Picture 9. The ThinkPad X1 with the screen fully opened to 180 degrees. (Picture taken from Lenovo website).
The removal of the bottom case ram slot access door and the Ultrabay slot allowed the Thinkpad X1 to have amazing structural rigidity, i could lift up the laptop by holding onto one corner the laptop and i could not detect any significant bending in the case frame. The right side of the laptop showed slightly more bending than the left side, due to the existence of the hdd access bay.
Picture 10. Port cover on the ThinkPad X1.

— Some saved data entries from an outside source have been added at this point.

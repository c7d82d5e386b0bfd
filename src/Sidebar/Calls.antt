-- ===== src/Sidebar/Calls.antt =====
-- The calls that the sidebar service serves, as a sequence.
use prose_core_client.Base.{String, ℕ, Option, Bool, List, [], ◌∷◌}
use prose_core_client.Shared.Ids.{UserId, ParticipantId, BareJid, MucId, RoomId}
use prose_core_client.Rooms.Room.{Session}
use prose_core_client.Rooms.Service.{Op, continue, return}
use prose_core_client.Rooms.RoomModels.{Bookmark}
use prose_core_client.Rooms.Service.Requests.{CreateOrEnterRoomRequest}
use prose_core_client.Sidebar.Joins.{
  insert_item_by_creating_or_joining_room, handle_received_message,
}
use prose_core_client.Sidebar.Extend.{extend_items_from_bookmarks, populate_sidebar}
use prose_core_client.Sidebar.Changes.{handle_destroyed_room, handle_removal_from_room}
use prose_core_client.Sidebar.{SidebarServices}
use prose_core_client.Sidebar.Removal.{
  remove_items, handle_removed_items, handle_remote_purge, clear_cache,
}
use prose_core_client.Sidebar.Favorites.{toggle_item_is_favorite, destroy_room}
use prose_core_client.Sidebar.Disconnect.{handle_disconnect, handle_ping_timer_event}

-- A call of the sidebar service
pub data SidebarCall : Type 0 where
  remove : List RoomId → SidebarCall
  were_removed : List BareJid → SidebarCall
  toggle : RoomId → SidebarCall
  destroy : MucId → SidebarCall
  insert_item : CreateOrEnterRoomRequest → SidebarCall
  received_message : RoomId → ParticipantId → SidebarCall
  populate : SidebarCall
  extend : List Bookmark → SidebarCall
  was_destroyed : MucId → Option MucId → SidebarCall
  was_removed_from : MucId → Bool → SidebarCall
  lose_connection ping_timer remote_purge clear : SidebarCall

module _ (c : SidebarServices) (username : UserId → String) (fuel : ℕ) where
  -- The identifier of an item that was inserted is for the caller.
  abbrev pub discard : {A : Type 0} → Op A → Op Unit
  discard o s = continue (o s) (λ a. return tt)

  unfoldable pub call : SidebarCall → Op Unit
  unfolding remove_items handle_removed_items toggle_item_is_favorite handle_disconnect
      handle_ping_timer_event destroy_room handle_remote_purge clear_cache
      insert_item_by_creating_or_joining_room handle_received_message populate_sidebar
      extend_items_from_bookmarks handle_destroyed_room handle_removal_from_room
  call (SidebarCall.remove ids) = remove_items c ids
  call (SidebarCall.were_removed ids) = handle_removed_items c ids
  call (SidebarCall.toggle id) = toggle_item_is_favorite c fuel id
  call SidebarCall.lose_connection = handle_disconnect c fuel
  call SidebarCall.ping_timer = handle_ping_timer_event c fuel
  call (SidebarCall.insert_item request) =
      discard (insert_item_by_creating_or_joining_room c fuel request)
  call (SidebarCall.received_message id from) = handle_received_message c fuel id from
  call SidebarCall.populate = populate_sidebar c username fuel
  call (SidebarCall.extend bookmarks) = extend_items_from_bookmarks c username fuel bookmarks
  call (SidebarCall.was_destroyed id alternate) = handle_destroyed_room c username fuel id alternate
  call (SidebarCall.was_removed_from id is_permanent) =
      handle_removal_from_room c username fuel id is_permanent
  call (SidebarCall.destroy id) = destroy_room c fuel id
  call SidebarCall.remote_purge = handle_remote_purge c
  call SidebarCall.clear = clear_cache c

  -- Calls that fail leave the session as they left it.
  unfoldable pub run_calls : List SidebarCall → Session → Session
  unfolding call
  run_calls [] s = s
  run_calls (x ∷ xs) s = run_calls xs (call x s).1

While i like most elements of the exterior design, there is however something that really bugs me to no end, which is the existence of the rubber access door for covering the combo headphone/mic and usb 2.0 ports, as shown in Picture 7. I am not sure why Lenovo design team decided to have that contraption there, as it serves no real purpose other than to hide the unsightly jacks on the side and palmrest plastic latch. It is a hindrance and often gets in your way when you want to plug in a headphone or usb into the ports behind that rubber cover and it is also very unsightly, i wish Lenovo design would take that port cover off or put a better design version in that does not get in your way when you want to use the ports underneath it. Overall, i really like the external design of the ThinkPad X1 and the superb fit and finish it has, currently this is the best quality ThinkPad that i have owned and used. At the price it is retailing at in Australia, it represents one of the best value ThinkPad yet to land in Australia and a worthy successor to the ThinkPad X300/X301 machine. In part 2 of the review, i will be discussing the performance, heat management, noise, and internal layout of the ThinkPad X1.